Results are reported as numbers (percentages) and were compared using Chi-squared tests. Results were stratified for subgroups of interest including region or country of practice and level of interventional experience. Two-sided P<0.05 was considered statistically significant. Analyses were performed using SPSS version 17.0 (SPSS Inc., Chicago, IL, USA).
Results
RESPONDENT CHARACTERISTICS
Of the 31,893 invitations sent, survey responses were received from 1,105 individuals (3.5%). Personal and professional information with regard to age, geographic region of practice, and professional status was provided by 1,078 individuals (97.6%). Respondent characteristics are summarized in Table 1. Participants were more frequently practicing at university hospitals (42.0%); 36.6% were working at low-volume centers (<400 PCIs performed per year), 39.2% were working in intermediate-volume centers (between 400 and 1,000 PCIs per year), and 24.2% were working in high-volume centers (>1,000 PCIs per year). Respondents were predominantly interventional cardiologists with >10 years experience (68.7%).
As shown in Figure S1, 34.7% of respondents were from Europe and 52.0% were from Asia. Countries with greatest contribution were Japan (45.4%), Italy (6.3%), the US (4.0%), the UK (3.3%), Germany (3.0%), and Switzerland (2.1%).

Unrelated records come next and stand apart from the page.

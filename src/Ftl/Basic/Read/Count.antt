-- ===== src/Ftl/Basic/Read/Count.antt =====
-- A read that succeeds has read as many pages as were asked for.
use ufprog.Common.{ℕ, zero, suc, ◌+◌, ◌-◌, ◌^◌, ◌<◌, ◌≡◌, ◌≢◌, arith, ◌==◌, ==_iff}
use ufprog.Common.{Bool, either, Option, Result, done, err, Status, ok, not_ok}
use ufprog.Bbt.{Bbt}
use ufprog.Nand.Api.{NandOps, Geometry}
use ufprog.Ftl.Api.{Part, Callback, buffer_of, pre_call}
use ufprog.Ftl.Basic.{FtlState}
use ufprog.Ftl.Basic.Transfer.{Transfer, check_block, part_count, first_page, after_transfer}
use ufprog.Ftl.Basic.Transfer.Sum.{advance_sum, after_transfer-failed}
use ufprog.Ftl.Basic.Place.{Place, get_block_page}
use ufprog.Ftl.Basic.Place.Errors.{IsHonest, get_block_page-IsHonest}
use ufprog.Ftl.Basic.Read.{
  Round, stop, next, read_block, read_round, read_loop, read_from, read_pages,
}

module _ {W : Type 0} (nand : NandOps W) (bbt : Bbt W) (geo : Geometry) (flags : ℕ) (raw : Bool)
    (read_flags : ℕ) (cb : Option (Callback W)) (count : ℕ) (small : count < 2 ^ 32) where
  -- A round that stops has failed, and one that goes on keeps the sum of pages done and to do.
  abbrev Counted : Round W → Type 0
  Counted (stop ret total s) = ret ≢ ok
  Counted (next t s) = t.total + t.count ≡ count

  read_block-Counted :
      (c : ℕ) (t : Transfer) (s : FtlState W)
      → t.total + t.count ≡ count
      → Counted (read_block nand bbt geo flags raw read_flags cb c t s)
  unfolding read_block
  read_block-Counted c t s e =
      let (ret, n, w) =
        nand.read_pages (first_page geo c t) (part_count geo t) (buffer_of cb t.p) raw read_flags
          s.world in
      ground (
        arith,
        advance_sum geo count small t e,
        after_transfer-failed cb ret n w,
        not_ok (after_transfer cb ret n w).0,
      )

  read_round-Counted :
      (c : ℕ) (t : Transfer) (s : FtlState W)
      → t.total + t.count ≡ count
      → Counted (read_round nand bbt geo flags raw read_flags cb c t s)
  unfolding read_round
  read_round-Counted c t s e =
      let s1 = (check_block bbt flags c s).1 in
      ground (
        arith,
        read_block-Counted c t (record s1 { world = (pre_call cb (part_count geo t) s1.world).1 })
            e,
        not_ok (check_block bbt flags c s).0,
        not_ok (pre_call cb (part_count geo t) s1.world).0,
      )

  read_loop-Counted :
      (left c : ℕ) (t : Transfer) (s : FtlState W)
      → t.total + t.count ≡ count
      → let (ret, total, s') = read_loop nand bbt geo flags raw read_flags cb left c t s in
        ret ≡ ok → total ≡ count
  unfolding read_loop
  read_loop-Counted zero c t s e = ground arith
  read_loop-Counted (suc left) c t s e =
      either (λ (x : Status × ℕ × FtlState W). x.0 ≡ ok → x.1 ≡ count) (t.count == 0)
        (λ z h. omega (arith, e, (==_iff t.count 0).0 z))
        (λ z.
          on _ (λ t' s' e'. read_loop-Counted left (c + 1) t' s' e') (read_round-Counted c t s e))
    where
      on :
          (r : Round W)
          → ((t' : Transfer) (s' : FtlState W)
              → t'.total + t'.count ≡ count
              → (read_loop nand bbt geo flags raw read_flags cb left (c + 1) t' s').0 ≡ ok
              → (read_loop nand bbt geo flags raw read_flags cb left (c + 1) t' s').1 ≡ count)
          → Counted r
          → let more : Status × ℕ × FtlState W = elim r [
            | stop ret total s' ↦ (ret, total, s')
            | next t' s' ↦ read_loop nand bbt geo flags raw read_flags cb left (c + 1) t' s'
          ] in
            more.0 ≡ ok → more.1 ≡ count
      on (stop ret total s') rest k h = absurd (k h)
      on (next t' s') rest k h = rest t' s' k h

  read_from-Counted :
      (buf : ℕ) (r : Result Place × FtlState W)
      → IsHonest r.0
      → let (ret, total, s') = read_from nand bbt geo flags raw read_flags cb count buf r in
        ret ≡ ok → total ≡ count
  unfolding read_from
  read_from-Counted buf (err ret, s) k h = absurd (k h)
  read_from-Counted buf (done at, s) k h =
      read_loop-Counted (at.end_block - at.block) at.block _ s (omega arith) h

  -- If `ftl_basic_read_pages` gives UFP_OK for fewer than 2^32 pages, its count of pages read is the
  -- count asked for, whatever the chip, the bad block table and the callbacks do.
  pub read_pages_complete :
      (part : Option Part) (page buf : ℕ) (s : FtlState W)
      → let (ret, total, s') =
          read_pages nand bbt geo flags part page count buf raw read_flags cb s in
        ret ≡ ok → total ≡ count
  unfolding read_pages
  read_pages_complete part page buf s =
      read_from-Counted buf (get_block_page bbt geo flags part page s)
        (get_block_page-IsHonest bbt geo flags part page s)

For region-related stratified analyses, respondents were grouped as European (n=377; 34.7%), Japanese (n=489; 45.4%), or participants from other regions (n=215; 19.9%).

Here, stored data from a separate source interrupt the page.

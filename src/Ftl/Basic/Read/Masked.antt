-- ===== src/Ftl/Basic/Read/Masked.antt =====
-- With a callback, the status of a read that transferred pages is lost.
use ufprog.Common.{ℕ, zero, suc, ◌+◌, ◌≡◌, ◌≢◌, refl, ◌==◌, ==_of_ne, Bool, if◌then◌else◌}
use ufprog.Common.{Option, some, Result, done, err, Status}
use ufprog.Bbt.{Bbt}
use ufprog.Nand.Api.{NandOps, Geometry}
use ufprog.Ftl.Api.{Part, Callback, buffer_of, pre_call}
use ufprog.Ftl.Basic.{FtlState}
use ufprog.Ftl.Basic.Transfer.{Transfer, check_block, part_count, first_page, after_transfer}
use ufprog.Ftl.Basic.Place.{Place, get_block_page}
use ufprog.Ftl.Basic.Read.{
  Round, stop, next, read_block, read_round, read_loop, read_from, read_pages,
}

module _ {W : Type 0} (nand nand' : NandOps W) (bbt : Bbt W) (geo : Geometry) (flags : ℕ)
    (raw : Bool) (read_flags : ℕ) (cb : Callback W)
    (some_pages : (first n buf : ℕ) (w : W) → (nand.read_pages first n buf raw read_flags w).1 ≢ 0)
    (same_count : (first n buf : ℕ) (w : W)
      → (nand'.read_pages first n buf raw read_flags w).1
        ≡ (nand.read_pages first n buf raw read_flags w).1)
    (same_world : (first n buf : ℕ) (w : W)
      → (nand'.read_pages first n buf raw read_flags w).2
        ≡ (nand.read_pages first n buf raw read_flags w).2) where
  status_lost :
      (ret ret' : Status) (n : ℕ) (w : W)
      → n ≢ 0
      → after_transfer (some cb) ret n w ≡ after_transfer (some cb) ret' n w
  unfolding after_transfer
  status_lost ret ret' n w h = rw (==_of_ne n 0 h) refl

  same_block :
      (c : ℕ) (t : Transfer) (s : FtlState W)
      → read_block nand' bbt geo flags raw read_flags (some cb) c t s
        ≡ read_block nand bbt geo flags raw read_flags (some cb) c t s
  unfolding read_block
  same_block c t s =
      let first = first_page geo c t in
      let n = part_count geo t in
      let buf = buffer_of (some cb) t.p in
      let r = nand.read_pages first n buf raw read_flags s.world in
      let r' = nand'.read_pages first n buf raw read_flags s.world in
      rw
        (
          same_count first n buf s.world,
          same_world first n buf s.world,
          status_lost r'.0 r.0 r.1 r.2 (some_pages first n buf s.world),
        )
        refl

  same_round :
      (c : ℕ) (t : Transfer) (s : FtlState W)
      → read_round nand' bbt geo flags raw read_flags (some cb) c t s
        ≡ read_round nand bbt geo flags raw read_flags (some cb) c t s
  unfolding read_round
  same_round c t s =
      let s1 = (check_block bbt flags c s).1 in
      rw (same_block c t (record s1 { world = (pre_call (some cb) (part_count geo t) s1.world).1 }))
        refl

  same_loop :
      (left c : ℕ) (t : Transfer) (s : FtlState W)
      → read_loop nand' bbt geo flags raw read_flags (some cb) left c t s
        ≡ read_loop nand bbt geo flags raw read_flags (some cb) left c t s
  unfolding read_loop
  same_loop zero c t s = refl
  same_loop (suc left) c t s = rw (same_round c t s) (
      on (read_round nand bbt geo flags raw read_flags (some cb) c t s)
        (λ t' s'. same_loop left (c + 1) t' s'))
    where
      on :
          (r : Round W)
          → ((t' : Transfer) (s' : FtlState W)
              → read_loop nand' bbt geo flags raw read_flags (some cb) left (c + 1) t' s'
                ≡ read_loop nand bbt geo flags raw read_flags (some cb) left (c + 1) t' s')
          → let more' : Status × ℕ × FtlState W = elim r [
            | stop ret total s' ↦ (ret, total, s')
            | next t' s' ↦ read_loop nand' bbt geo flags raw read_flags (some cb) left (c + 1) t' s'
          ] in
            let more : Status × ℕ × FtlState W = elim r [
              | stop ret total s' ↦ (ret, total, s')
              | next t' s' ↦
                  read_loop nand bbt geo flags raw read_flags (some cb) left (c + 1) t' s'
            ] in
            (if t.count == 0 then (t.ret, t.total, s) else more')
            ≡ (if t.count == 0 then (t.ret, t.total, s) else more)
      on (stop ret total s') h = refl
      on (next t' s') h = rw (h t' s') refl

  same_from :
      (count buf : ℕ) (r : Result Place × FtlState W)
      → read_from nand' bbt geo flags raw read_flags (some cb) count buf r
        ≡ read_from nand bbt geo flags raw read_flags (some cb) count buf r
  unfolding read_from
  same_from count buf (err ret, s) = refl
  same_from count buf (done at, s) = same_loop _ at.block _ s

  -- With a callback, and a chip whose reads always transfer some page, failed or not, the result of
  -- `ftl_basic_read_pages`, its status included, does not depend on the status of any read: a chip
  -- that reads the same pages with other statuses gives the same.
  pub read_pages_masked :
      (part : Option Part) (page count buf : ℕ) (s : FtlState W)
      → read_pages nand' bbt geo flags part page count buf raw read_flags (some cb) s
        ≡ read_pages nand bbt geo flags part page count buf raw read_flags (some cb) s
  unfolding read_pages
  read_pages_masked part page count buf s =
      same_from count buf (get_block_page bbt geo flags part page s)
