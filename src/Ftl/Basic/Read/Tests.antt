-- ===== src/Ftl/Basic/Read/Tests.antt =====
-- A read on the small chip.
use ufprog.Common.{◌≡◌, refl, arith, false, none, some, ok}
use ufprog.Bbt.{get_state, is_reserved}
use ufprog.Bbt.Ram.Tests.{small_geo}
use ufprog.Ftl.Api.{pre_call}
use ufprog.Ftl.Basic.{is_good_block, judge, unusable_block_notice}
use ufprog.Ftl.Basic.Place.Tests.{placed5}
use ufprog.Ftl.Basic.Transfer.{check_block, after_transfer}
use ufprog.Ftl.Basic.Read.{read_block, read_round, read_loop, read_from, read_pages}
use ufprog.Ftl.Basic.Read.Count.{read_pages_complete}
use ufprog.Ftl.Basic.Read.Masked.{read_pages_masked}
use ufprog.Nand.Api.{NandOps}
use ufprog.Ftl.Api.{Callback}
use ufprog.Common.{device_io_error, ℕ}
use ufprog.Ftl.Basic.Tests.{counting_nand, fixed_bbt, start, whole_chip}

-- Six pages from page 5 of the good blocks on: pages 1 to 3 of block 2 and 0 to 2 of block 3.
read_run :
    (read_pages counting_nand fixed_bbt small_geo 0 (some whole_chip) 5 6 100 false 0 none start).0
    ≡ ok
unfolding read_pages read_from read_loop read_round read_block check_block after_transfer pre_call
    get_state is_reserved is_good_block judge unusable_block_notice
read_run = rw placed5 refl

read_pages_complete_example :
    (read_pages counting_nand fixed_bbt small_geo 0 (some whole_chip) 5 6 100 false 0 none start).1
    ≡ 6
read_pages_complete_example =
    read_pages_complete counting_nand fixed_bbt small_geo 0 false 0 none 6 (omega arith)
      (some whole_chip) 5 100 start read_run

abbrev quiet : Callback ℕ
quiet = record { pre = none; post = λ n w. (ok, w); buffer = 0 }

-- Every read transfers one page; on the second chip each is reported as failed.
abbrev one_page_nand : NandOps ℕ
one_page_nand = record counting_nand { read_pages = λ first n buf raw flags w. (ok, 1, w) }

abbrev failing_nand : NandOps ℕ
failing_nand = record counting_nand {
  read_pages = λ first n buf raw flags w. (device_io_error, 1, w);
}

read_pages_masked_example :
    read_pages failing_nand fixed_bbt small_geo 0
      (some whole_chip)
      5
      6
      100
      false
      0
      (some quiet)
      start
    ≡ read_pages one_page_nand fixed_bbt small_geo 0
        (some whole_chip)
        5
        6
        100
        false
        0
        (some quiet)
        start
read_pages_masked_example =
    read_pages_masked one_page_nand failing_nand fixed_bbt small_geo 0 false 0 quiet
      (λ first n buf w e. omega (arith, e)) (λ first n buf w. refl) (λ first n buf w. refl)
      (some whole_chip) 5 6 100 start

IVI FOR GUIDING INTERVENTIONS
Overall, 96.1% of respondents had personal experience with intracoronary imaging (95.5% with IVUS, 69.8% with OCT, and 7.9% with NIRS). There were no substantive region-related differences concerning personal experience with each modality.
Most respondents (51.3%) reported using coronary IVI in >15% of cases (Figure 1A). There were significant differences in usage according to the country of practice (Figure 1B): IVI was used more frequently in clinical practice (>15% of caseload guided by IVI) in Japan compared with Europe or other regions (96.6% vs. 10.4% and 21.0%, respectively; P<0.001). There were also significant differences in usage according to the interventional experience of respondents (Figure 1C): IVI was used more frequently in clinical practice (>15% of caseload guided by IVI) by operators with longer interventional experience (>10 years: 58.9%; 5-10 years: 48.9%; <5 years: 16.9%; P<0.001).

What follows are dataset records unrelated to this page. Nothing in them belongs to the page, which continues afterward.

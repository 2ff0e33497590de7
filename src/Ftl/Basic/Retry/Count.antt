-- ===== src/Ftl/Basic/Retry/Count.antt =====
-- What the count of a loop with retries says when the loop gives UFP_OK.
use ufprog.Common.{ℕ, zero, suc, ◌+◌, ◌-◌, ◌≡◌, ◌≢◌, arith, ◌==◌, ==_iff, either}
use ufprog.Common.{Status, ok}
use ufprog.Ftl.Basic.{FtlState, skb_retries}
use ufprog.Ftl.Basic.Transfer.{Transfer}
use ufprog.Ftl.Basic.Retry.{Round, stop, next, skip, retry, spoil, retry_loop}

-- A round that stops has failed, one that goes on keeps the sum of what is done and to do, and none
-- takes a retry.
abbrev pub Counted : {W : Type 0} → ℕ → Round W → Type 0
Counted count (stop ret total s) = ret ≢ ok
Counted count (next t s) = t.total + t.count ≡ count
Counted count (skip t s) = t.total + t.count ≡ count
Counted count (retry t s) = ⊥
Counted count (spoil t s) = ⊥

module _ {W : Type 0} (round : ℕ → Transfer → FtlState W → Round W) (count : ℕ)
    (counts : (c : ℕ) (t : Transfer) (s : FtlState W)
      → t.total + t.count ≡ count
      → Counted count (round c t s)) where
  pub retry_loop-Counted :
      (left retries c : ℕ) (t : Transfer) (s : FtlState W)
      → t.total + t.count ≡ count
      → let (ret, total, s') = retry_loop round left (suc retries) c t s in ret ≡ ok → total ≡ count
  unfolding retry_loop
  retry_loop-Counted zero retries c t s e = ground arith
  retry_loop-Counted (suc left) retries c t s e =
      either (λ (x : Status × ℕ × FtlState W). x.0 ≡ ok → x.1 ≡ count) (t.count == 0)
        (λ z h. omega (arith, e, (==_iff t.count 0).0 z))
        (λ z.
          on _ (λ retries' t' s' e'. retry_loop-Counted left retries' (c + 1) t' s' e')
            (counts c t s e))
    where
      on :
          (r : Round W)
          → ((retries' : ℕ) (t' : Transfer) (s' : FtlState W)
              → t'.total + t'.count ≡ count
              → let (ret, total, s'') = retry_loop round left (suc retries') (c + 1) t' s' in
                ret ≡ ok → total ≡ count)
          → Counted count r
          → let more : Status × ℕ × FtlState W = elim r [
            | stop ret total s' ↦ (ret, total, s')
            | next t' s' ↦ retry_loop round left skb_retries (c + 1) t' s'
            | skip t' s' ↦ retry_loop round left (suc retries) (c + 1) t' s'
            | retry t' s' ↦ retry_loop round (suc left) retries c t' s'
            | spoil t' s' ↦ retry_loop round left retries (c + 1) t' s'
          ] in
            more.0 ≡ ok → more.1 ≡ count
      on (stop ret total s') onward k h = absurd (k h)
      on (next t' s') onward k h = onward (skb_retries - 1) t' s' k h
      on (skip t' s') onward k h = onward retries t' s' k h
      on (retry t' s') onward k h = absurd k
      on (spoil t' s') onward k h = absurd k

Figure 1. (A-C) Personal experience with intravascular ultrasound (IVUS) and/or optical coherence tomography (OCT). Respondent answers are shown to the question, “Do you have personal experience with performing IVI (IVUS, OCT, NIRS)? (Only 1 answer possible.)” in the overall sample (A), as well as stratified by region (B) and years of interventional experience (C). IVI, intravascular imaging; NIRS, near-infrared spectroscopy. (D) Clinical indications for IVUS/OCT. Respondents were asked, “In your opinion, what are the clinical indications for IVUS or OCT? (More than 1 answer possible.)”. CTO: chronic total occlusion.
The most frequently reported indications for IVI were optimization of the procedural result of stenting in selected cases (i.e., post-procedural imaging; 88.5%), guidance of clinical decision making and procedural strategy planning in selected cases (preprocedural imaging; 79.6%), and guidance of left main interventions (77.0%). The least common reported indication was assessment of the severity of intermediate non-left main lesions (27.1%; Figure 1D). Most respondents reported perceived equipoise regarding the choice between IVUS and OCT for guidance of coronary intervention; 56.5% of respondents believed that the value of IVUS vs. OCT depends on the specific anatomic setting and patient characteristics, whereas few considered either OCT (13.3%) or IVUS (12.9%) to be superior for PCI guidance and optimization (Figure 2). Regarding the assessment of intermediate left main lesions, IVUS was considered superior by 31.8% of respondents, whereas 28.4% of participants considered a non-imaging approach based on fractional flow reserve (FFR) superior; 24.8% of respondents considered these 2 modalities of comparable value in decision making and 15.0% responded that there is no conclusive evidence from comparative analyses.
Figure 2. IVUS vs. OCT for percutaneous coronary intervention guidance and optimization. Respondents were asked, “In your opinion, which IVI modality (IVUS vs. OCT) is superior for guidance and optimization of coronary interventions? (Only 1 answer possible.)”. CTO: chronic total occlusion.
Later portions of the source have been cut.